Come back to the forum. 
Click the little image button. 
[.img] [./img] pops up in the message box. (Without the periods)
Paste the link in the middle.
[.img] http://blah blah blah [./img]

Then it should show up when you post it. You can always preview your post to make sure that it shows up correctly. I don't ever resize my pictures, don't usually have to.


----------



## KayKay21 (Mar 17, 2010)

I love them! they're so hard to take pictures of because they dont really sit still  but here they are, and thank you for the help  muchly appreciate


----------



## noMoreFaith (Apr 28, 2010)

they are really cute-and I love their names!! might as well name my males (when i get someday) like that


----------



## KayKay21 (Mar 17, 2010)

thank you!

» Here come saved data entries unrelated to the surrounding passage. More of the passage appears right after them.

-- ===== src/Db/ConfigTimeline/Timeline.antt =====
-- What the timeline of app/db/config_timeline.py consists of, and its order.
use mathlib.Core.List.{Permᴰ}
use mathlib.Core.Option.{some-injective, none-ne-some}
use why_combinator.Prelude.Members.{All-of, All-at}
use why_combinator.Prelude.Sort.{IsSorted, IsOrder}
use why_combinator.Prelude.Orders.{IsLess-on, ltb-IsLess, leb-on, lexicographic-IsOrder}
use why_combinator.Prelude.{
  ◌≡◌, refl, subst, ◌⊎◌, inl, inr, String, Bool, true, false, Option, none, some, List, [], ◌∷◌,
  ◌++◌, map, filter, arith, leb, ltb, ◌<◌, ◌≤◌, ◌==◌, nat_has_eq, All, Bool-cases, Option-cases,
}
use why_combinator.Platform.Sql.{Engine}
use why_combinator.Platform.Json.{Json, Fields, end, field, real}
use why_combinator.Db.Models.{Uuid, Instant, FrozenSnapshot}
use why_combinator.Db.ConfigTimeline.{
  ScoringWeightConfig, ConfigTimelineEntry, ConfigSource, checkpoint_snapshot, weight_config,
  source_order, float_values, weight_entry, weight_entries, not_after,
}

-- The earlier time first, and of one time a snapshot before a configuration.
abbrev pub Precedes :
    {Float : Type 0} → ConfigTimelineEntry Float → ConfigTimelineEntry Float → Type 0
Precedes a b =
    (a.timestamp < b.timestamp)
    ⊎ ((a.timestamp ≡ b.timestamp)
        × ((a.source ≡ b.source) ⊎ ((a.source ≡ checkpoint_snapshot) × (b.source ≡ weight_config))))

-- Every entry precedes all later ones.
abbrev pub IsTimeline : {Float : Type 0} → List (ConfigTimelineEntry Float) → Type 0
IsTimeline [] = Unit
IsTimeline (e ∷ es) = All (Precedes e) es × IsTimeline es

abbrev pub snapshots_of :
    {Float : Type 0} → Uuid → List (FrozenSnapshot Float) → List (FrozenSnapshot Float)
snapshots_of run_id = filter (λ r. r.snapshot.run_id == run_id)

abbrev pub configs_of :
    {Float : Type 0} → Uuid → List (ScoringWeightConfig Float) → List (ScoringWeightConfig Float)
configs_of run_id = filter (λ r. r.run_id == run_id)

module _ {Float : Type 0} (to_float : Json Float → Option Float) where
  -- What a frozen snapshot says.
  abbrev pub frozen_entry : FrozenSnapshot Float → ConfigTimelineEntry Float
  frozen_entry r = record {
    timestamp = r.snapshot.captured_at;
    source = checkpoint_snapshot;
    weights = r.active_weights;
    policies = r.active_policies;
  }

  -- The same keys, each with the number that its value stands for.
  pub data AreNumbers : Fields Float → Fields Float → Type 0 where
    no_weights : AreNumbers end end
    one_weight :
        {key : String} {value : Json Float} {x : Float} {rest rest' : Fields Float}
        → to_float value ≡ some x
        → AreNumbers rest rest'
        → AreNumbers (field key value rest) (field key (real x) rest')

  -- Each row with its entry.
  pub data AreEntries
      : List (ScoringWeightConfig Float) → List (ConfigTimelineEntry Float) → Type 0 where
    no_rows : AreEntries [] []
    one_row :
        {r : ScoringWeightConfig Float} {e : ConfigTimelineEntry Float}
        {rs : List (ScoringWeightConfig Float)} {es : List (ConfigTimelineEntry Float)}
        → e.timestamp ≡ r.effective_from
        → e.source ≡ weight_config
        → AreNumbers r.weights e.weights
        → e.policies ≡ end
        → AreEntries rs es
        → AreEntries (r ∷ rs) (e ∷ es)

  -- The timeline has the entries of the run's configurations and snapshots, each once and no others.
  abbrev pub IsOf :
      List (ScoringWeightConfig Float)
      → List (FrozenSnapshot Float)
      → Uuid
      → List (ConfigTimelineEntry Float)
      → Type 0
  IsOf configs snapshots run_id timeline =
      (rows : List (ScoringWeightConfig Float)) × (frozen : List (FrozenSnapshot Float))
      × (es : List (ConfigTimelineEntry Float)) × Permᴰ rows (configs_of run_id configs)
      × Permᴰ frozen (snapshots_of run_id snapshots)
      × AreEntries rows es
      × Permᴰ timeline (es ++ map frozen_entry frozen)

  -- What is in effect: the last entry that is no later than the time, or nothing.
  abbrev pub IsInEffect :
      List (ConfigTimelineEntry Float)
      → Instant
      → Option (Option (ConfigTimelineEntry Float))
      → Type 0
  IsInEffect timeline at_time answer =
      ((answer ≡ some none) × All (λ x. at_time < x.timestamp) timeline)
      ⊎ ((e : ConfigTimelineEntry Float) × (front : List (ConfigTimelineEntry Float)) × (rest : List
            (ConfigTimelineEntry Float))
          × (answer ≡ some (some e))
          × (timeline ≡ front ++ e ∷ rest)
          × (e.timestamp ≤ at_time)
          × All (λ x. at_time < x.timestamp) rest)

module _ {Float : Type 0} (db : Engine) (to_float : Json Float → Option Float) where
  abbrev pub before : ConfigTimelineEntry Float → ConfigTimelineEntry Float → Bool
  before = not_after db to_float

  pub before-IsOrder : IsOrder before
  before-IsOrder =
      lexicographic-IsOrder (λ (a b : ConfigTimelineEntry Float). ltb a.timestamp b.timestamp)
        (λ a b. leb (source_order a.source) (source_order b.source))
        (IsLess-on ltb (λ (e : ConfigTimelineEntry Float). e.timestamp) ltb-IsLess)
        (leb-on (λ (e : ConfigTimelineEntry Float). source_order e.source))

  source_cases :
      (s t : ConfigSource)
      → leb (source_order s) (source_order t) ≡ true
      → (s ≡ t) ⊎ ((s ≡ checkpoint_snapshot) × (t ≡ weight_config))
  source_cases checkpoint_snapshot checkpoint_snapshot h = inl refl
  source_cases checkpoint_snapshot weight_config h = inr (refl, refl)
  source_cases weight_config checkpoint_snapshot h = absurd (ground arith)
  source_cases weight_config weight_config h = inl refl

  before-Precedes : (a b : ConfigTimelineEntry Float) → before a b ≡ true → Precedes a b
  before-Precedes a b h = elim (Bool-cases (ltb a.timestamp b.timestamp)) [
    | inl t ↦ inl (ground (arith, t))
    | inr f ↦ elim (Bool-cases (ltb b.timestamp a.timestamp)) [
      | inl t ↦ absurd (let clash : false ≡ true = rw (f, t) at h in cc)
      | inr f' ↦ inr (ground (arith, f, f'), source_cases a.source b.source (rw (f, f') at h))
    ]
  ]

  pub sorted-IsTimeline :
      (es : List (ConfigTimelineEntry Float)) → IsSorted before es → IsTimeline es
  sorted-IsTimeline [] h = tt
  sorted-IsTimeline (e ∷ es) h = (
    All-of (Precedes e) es
        (λ x m. before-Precedes e x (All-at (λ y. before e y ≡ true) x es h.0 m)),
    sorted-IsTimeline es h.1,
  )

  values-AreNumbers :
      (w w' : Fields Float) → float_values db to_float w ≡ some w' → AreNumbers to_float w w'
  unfolding float_values
  values-AreNumbers end w' e = subst (AreNumbers to_float end) (some-injective _ _ e) no_weights
  values-AreNumbers (field key value rest) w' e = elim (Option-cases (to_float value)) [
    | inl n ↦ absurd (none-ne-some w' (rw (n, float_values) at e))
    | inr (x, h) ↦ elim (Option-cases (float_values db to_float rest)) [
      | inl n ↦ absurd (none-ne-some w' (rw (h, n, float_values) at e))
      | inr (fields, k) ↦
          subst (AreNumbers to_float (field key value rest))
            (some-injective _ _ (rw (h, k, float_values) at e))
            (one_weight h (values-AreNumbers rest fields k))
    ]
  ]

  row-AreEntries :
      (row : ScoringWeightConfig Float) (x : ConfigTimelineEntry Float)
      (rows : List (ScoringWeightConfig Float)) (es : List (ConfigTimelineEntry Float))
      → weight_entry db to_float row ≡ some x
      → AreEntries to_float rows es
      → AreEntries to_float (row ∷ rows) (x ∷ es)
  unfolding weight_entry
  row-AreEntries row x rows es e rest = elim (Option-cases (float_values db to_float row.weights)) [
    | inl n ↦ absurd (none-ne-some x (rw (n, weight_entry) at e))
    | inr (w, h) ↦
        subst (λ y. AreEntries to_float (row ∷ rows) (y ∷ es))
          (some-injective _ _ (rw (h, weight_entry) at e))
          (one_row refl refl (values-AreNumbers row.weights w h) refl rest)
  ]

  pub entries-AreEntries :
      (rows : List (ScoringWeightConfig Float)) (es : List (ConfigTimelineEntry Float))
      → weight_entries db to_float rows ≡ some es
      → AreEntries to_float rows es
  unfolding weight_entries
  entries-AreEntries [] es e = subst (AreEntries to_float []) (some-injective _ _ e) no_rows
  entries-AreEntries (row ∷ rows) es e = elim (Option-cases (weight_entry db to_float row)) [
    | inl n ↦ absurd (none-ne-some es (rw (n, weight_entries) at e))
    | inr (x, h) ↦ elim (Option-cases (weight_entries db to_float rows)) [
      | inl n ↦ absurd (none-ne-some es (rw (h, n, weight_entries) at e))
      | inr (ys, k) ↦
          subst (AreEntries to_float (row ∷ rows))
            (some-injective _ _ (rw (h, k, weight_entries) at e))
            (row-AreEntries row x rows ys h (entries-AreEntries rows ys k))
    ]
  ]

I'm still getting used to them. I love them to death, and I'd give anything for them, but I'm afraid of getting bit, and when I pick them up their tails wrap around my arm which reminds me of a snake (I HATE SNAKES!) and kinda creeps me a bit. not enough to drop them. but yeah. its like they can sense I'm not confident, and I dont blame them cuz I wouldnt want to be held by someone that felt un easy. I'm getting better though! my friend holds them, and lets them kiss her face and cuddle up to her, I get jealous because they're MINE! but I'll get there one day  they'll loooooooooooove me  just as much as I love htme.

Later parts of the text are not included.